To install from Github, type this into your Stata command line:

. net from https://raw.githubusercontent.com/kkranker/dtalink/main/

To install from SSC, click on the links after typing this into your Stata command line:

. net describe dtalink

Suggested Citation

or

  • Kranker, Keith. DTALINK: Faster Probabilistic Record Linking and Deduplication Methods in Stata for Large Data Files.” ed at the 2018 Stata Conference, Columbus, OH, July 20, 2018.

Source code is available at https://github.com/kkranker/dtalink. Please report issues at https://github.com/kkranker/dtalink/issues.

Description

Stata users often need to link records from two or more data files or find duplicates within data files. Probabilistic linking methods are often used when the file(s) do not have reliable or unique identifiers, causing deterministic linking methods (such as Stata's merge, joinby, or duplicates commands) to fail. For example, one might need to link files that only include inconsistently spelled names, dates of birth with typos or missing data, and addresses that change over time. Probabilistic linking methods score each potential pair of records using the matching variables and weights (Newcombe et al. 1959; Fellegi and Sunter 1969). Pairs with higher overall scores indicate a better match than pairs with lower scores.

dtalink implements probabilistic linking methods (a.k.a. probabilistic matching) for two cases: l. linking records in two data files l. deduplicating records in one data file

There are two ways to implement data linking (case 1): (a) the user stacks the two data sets before running dtalink and provides a dummy to indicate the file in the source(varname) option, or (b) the user provides the name of the second file with [using filename], in which case the current data set is assigned source=0 and the using data set is assigned source=1. If neither of these are specified, data deduplication (case 2) is implemented.

The user specifies matching variables and matching weights. For each matching variable, users can use one of two methods to compare two records for a potential match: (a) Exact matching awards positive weights if (X for observation 1) equals (X for observation 2), awards negative weights if the observations are not equal, and awards no weights if one of the observations is missing. (b) Caliper matching awards positive weights if (X for observation 1)-(X for observation 2) is less than or equal to the caliper for X, awards negative weights if the difference is greater than the caliper, and awards no weights if X is missing for either of the observations.

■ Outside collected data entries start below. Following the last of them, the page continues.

-- ===== src/Http/Registry.antt =====
-- internal/httpserver/middleware.go: `routeRegistry`, which registers an endpoint and its preflight
-- with the router. A registration is a call of the router, in the order of the calls.
pub mod Preflight
use tempcdn.Prelude.{◌&&◌, List, [], ◌∷◌, ◌++◌, Option, none, some, if◌then◌else◌}
use tempcdn.Text.{Text, lit, same}
use tempcdn.Http.{Handler, Middleware, Body, method_options}
use tempcdn.Http.Middleware.{cors, noop_handler}

-- `strings.Join(parts, sep)`
unfoldable pub join : Text → List Text → Text
join sep [] = []
join sep (p ∷ []) = p
join sep (p ∷ q ∷ parts) = p ++ sep ++ join sep (q ∷ parts)

-- `router.Method(method, pattern, handler)`; `Options` is that with the method OPTIONS.
pub record Registration (S P : Type 0) : Type 0 where
  pub method : Text
  pub pattern : Text
  pub handler : Handler S (Body P)

-- The map from a pattern to its methods; a missing key gives the nil slice.
abbrev pub RouteRegistry : Type 0
RouteRegistry = Text → List Text

abbrev pub new_route_registry : RouteRegistry
new_route_registry = λ pattern. []

abbrev pub with_method : Text → Text → RouteRegistry → RouteRegistry
with_method pattern method reg = λ p. if same p pattern then reg pattern ++ method ∷ [] else reg p

-- An endpoint: the arguments of a call of `route`.
pub record Endpoint (S P : Type 0) : Type 0 where
  pub method : Text
  pub pattern : Text
  pub handler : Handler S (Body P)
  pub extra_middleware : List (Middleware S (Body P))

module _ {S P : Type 0} where
  -- The loop over the chain, from its end: the first middleware is the outermost.
  unfoldable pub wrapped : List (Middleware S (Body P)) → Handler S (Body P) → Handler S (Body P)
  wrapped [] h = h
  wrapped (m ∷ chain) h = m (wrapped chain h)

  abbrev pub preflight : Text → List Text → Handler S (Body P)
  preflight allowed_origin methods =
      cors allowed_origin (join (lit ", ") (methods ++ method_options ∷ [])) noop_handler

  -- The two calls of the router, and the registry after them.
  unfoldable pub route :
      Text
      → Endpoint S P
      → RouteRegistry × List (Registration S P)
      → RouteRegistry × List (Registration S P)
  unfolding wrapped
  route allowed_origin e (reg, calls) =
      let after = with_method e.pattern e.method reg in
      (
        after,
        calls
            ++ record {
              method = e.method;
              pattern = e.pattern;
              handler =
                  wrapped (cors allowed_origin (e.method ++ lit ", OPTIONS") ∷ e.extra_middleware)
                    e.handler;
            }
              ∷ record {
                method = method_options;
                pattern = e.pattern;
                handler = preflight allowed_origin (after e.pattern);
              }
              ∷ [],
      )

  -- The calls of `route` one after the other.
  unfoldable pub route_all :
      Text
      → List (Endpoint S P)
      → RouteRegistry × List (Registration S P)
      → RouteRegistry × List (Registration S P)
  unfolding route
  route_all allowed_origin [] st = st
  route_all allowed_origin (e ∷ endpoints) st =
      route_all allowed_origin endpoints (route allowed_origin e st)

  -- The handler registered last for a method and a pattern; `found` is that of the calls before.
  unfoldable pub last_for :
      Text
      → Text
      → Option (Handler S (Body P))
      → List (Registration S P)
      → Option (Handler S (Body P))
  last_for method pattern found [] = found
  last_for method pattern found (c ∷ calls) =
      last_for method pattern
        (if same method c.method && same pattern c.pattern then some c.handler else found) calls
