-- ===== src/Http/Router.antt =====
-- internal/httpserver/router.go, and `RequireAdminSession` and `extractBearerToken` of
-- internal/admin. The router of github.com/go-chi/chi is outside: `new_router` gives the calls that
-- the program makes of it, with the pattern of a `Route` before those of the calls inside it.
pub mod Table
use tempcdn.Prelude.{
  ◌&&◌, Bool, true, false, Option, none, some, List, [], ◌∷◌, ◌++◌, length, drop, take, ltb, map,
  if◌then◌else◌,
}
use tempcdn.Text.{Text, lit, same, is_empty, has_prefix}
use tempcdn.Metadata.Model.{Time}
use tempcdn.Admin.Access.{Access, admitted, unauthorized, internal_error}
use tempcdn.Http.{
  Request, set_header, write_header, write, Answer, Handler, Middleware, Body, text_body, error,
  returned, method_options,
}
use tempcdn.Http.Middleware.{recovery, request_logging, cors, noop_handler}
use tempcdn.Http.Registry.{new_route_registry, Registration, Endpoint, wrapped, route_all}

abbrev pub method_get : Text
method_get = lit "GET"

abbrev pub method_head : Text
method_head = lit "HEAD"

abbrev pub method_post : Text
method_post = lit "POST"

abbrev pub method_put : Text
method_put = lit "PUT"

abbrev pub method_delete : Text
method_delete = lit "DELETE"

abbrev pub bearer : Text
bearer = lit "Bearer "

-- `extractBearerToken` of internal/admin/handler.go
unfoldable pub extract_bearer_token : (Text → Text) → Text
extract_bearer_token header =
    let auth : Text = header (lit "Authorization") in
    if ltb (length bearer) (length auth) && same (take (length bearer) auth) bearer
    then drop (length bearer) auth
    else []

unfoldable pub extract_bearer_or_header_token : (Text → Text) → Text
extract_bearer_or_header_token header =
    if is_empty (header (lit "X-Metrics-Token"))
    then if has_prefix (header (lit "Authorization")) bearer
      then drop (length bearer) (header (lit "Authorization"))
      else []
    else header (lit "X-Metrics-Token")

-- What the router needs of `admin.Service`, over the state of the server: what becomes of a request
-- with a session token, and whether a credential opens the metrics.
pub record AdminService (S : Type 0) : Type 0 where
  pub require_session : Text → Time → S → Access × S
  pub verify_credential : Text → Time → Time → S → Bool × S

pub record RouterDependencies (S P : Type 0) : Type 0 where
  pub upload_serve : Handler S (Body P)
  pub file_get_info : Handler S (Body P)
  pub file_delete : Handler S (Body P)
  pub config_serve : Handler S (Body P)
  pub stats_serve : Handler S (Body P)
  pub node_status_serve : Handler S (Body P)
  pub legal_terms : Handler S (Body P)
  pub legal_privacy : Handler S (Body P)
  pub metrics_serve : Handler S (Body P)
  pub admin_login : Handler S (Body P)
  pub admin_logout : Handler S (Body P)
  pub admin_me : Handler S (Body P)
  pub admin_create_api_key : Handler S (Body P)
  pub admin_list_api_keys : Handler S (Body P)
  pub admin_revoke_api_key : Handler S (Body P)
  pub admin_get_upload_settings : Handler S (Body P)
  pub admin_update_upload_settings : Handler S (Body P)
  pub admin_get_terms : Handler S (Body P)
  pub admin_update_terms : Handler S (Body P)
  pub admin_get_privacy : Handler S (Body P)
  pub admin_update_privacy : Handler S (Body P)
  pub admin_service : Option (AdminService S)
  pub allowed_origin : Text
  pub timed : Bool

module _ {S P : Type 0} where
  -- What `RequireAdminSession` does with the answer of the verification.
  unfoldable pub after_require : Handler S (Body P) → Request → Access × S → Answer (Body P) × S
  after_require next r (admitted session, s) = next (record r { session = some session }) s
  after_require next r (unauthorized, s) =
      (returned (error 401 (lit "missing or invalid session token")), s)
  after_require next r (internal_error, s) =
      (returned (error 500 (lit "failed to verify session")), s)

  -- A call of a method of a nil service, which dereferences it unless the token is empty.
  abbrev pub without_service : Text → S → Answer (Body P) × S
  without_service token s =
      if is_empty token
      then (returned (error 401 (lit "missing or invalid session token")), s)
      else (record { events = []; entries = []; panicked = true }, s)

  unfoldable pub require_admin_session : Option (AdminService S) → Middleware S (Body P)
  unfolding after_require extract_bearer_token
  require_admin_session none next r s = without_service (extract_bearer_token r.header) s
  require_admin_session (some service) next r s =
      after_require next r (service.require_session (extract_bearer_token r.header) r.chance.now s)

  -- What `metricsAuth` does with the answer of the verification.
  abbrev pub after_metrics : Handler S (Body P) → Request → Bool × S → Answer (Body P) × S
  after_metrics next r (true, s) = next r s
  after_metrics next r (false, s) =
      (returned (error 401 (lit "missing or invalid metrics credentials")), s)

  unfoldable pub metrics_auth : Option (AdminService S) → Middleware S (Body P)
  unfolding extract_bearer_or_header_token
  metrics_auth none next = next
  metrics_auth (some service) next = λ r s. after_metrics next r (
      service.verify_credential (extract_bearer_or_header_token r.header) r.chance.now
        r.chance.later s)

  abbrev pub handle_health_check : Handler S (Body P)
  handle_health_check r s = (
    returned (
        set_header (lit "Content-Type") (lit "application/json")
        ∷ write_header 200
        ∷ write (text_body (lit "{\"status\":\"ok\"}"))
        ∷ []),
    s,
  )

  abbrev pub handle_health_check_head : Handler S (Body P)
  handle_health_check_head r s = (
    returned (set_header (lit "Content-Type") (lit "application/json") ∷ write_header 200 ∷ []),
    s,
  )

  unfoldable pub file_preflight_cors :
      Middleware S (Body P) → Middleware S (Body P) → Middleware S (Body P)
  file_preflight_cors get_cors delete_cors next r s =
      if same (r.header (lit "Access-Control-Request-Method")) method_delete
      then delete_cors next r s
      else get_cors next r s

dtalink offers streamlined probabilistic linking methods. The computationally heavy parts of the program are implemented in a Mata class with parallelized Mata code, making it practical to implement the methods with large, administrative data files (files with many rows or matching variables). It is a generic function which works with any data file. Flexible scoring and many-to-many matching techniques are also options.

The Stata help file (dtalink.sthlp) provides additional documentation and examples. After installation, type . help dtalink to read the package documentation.

Notes about other langauges: l. I would love to try porting this module to Julia. Let me know if you can help! l. I was asked how to do this in SQL or SAS. This branch has a toy example.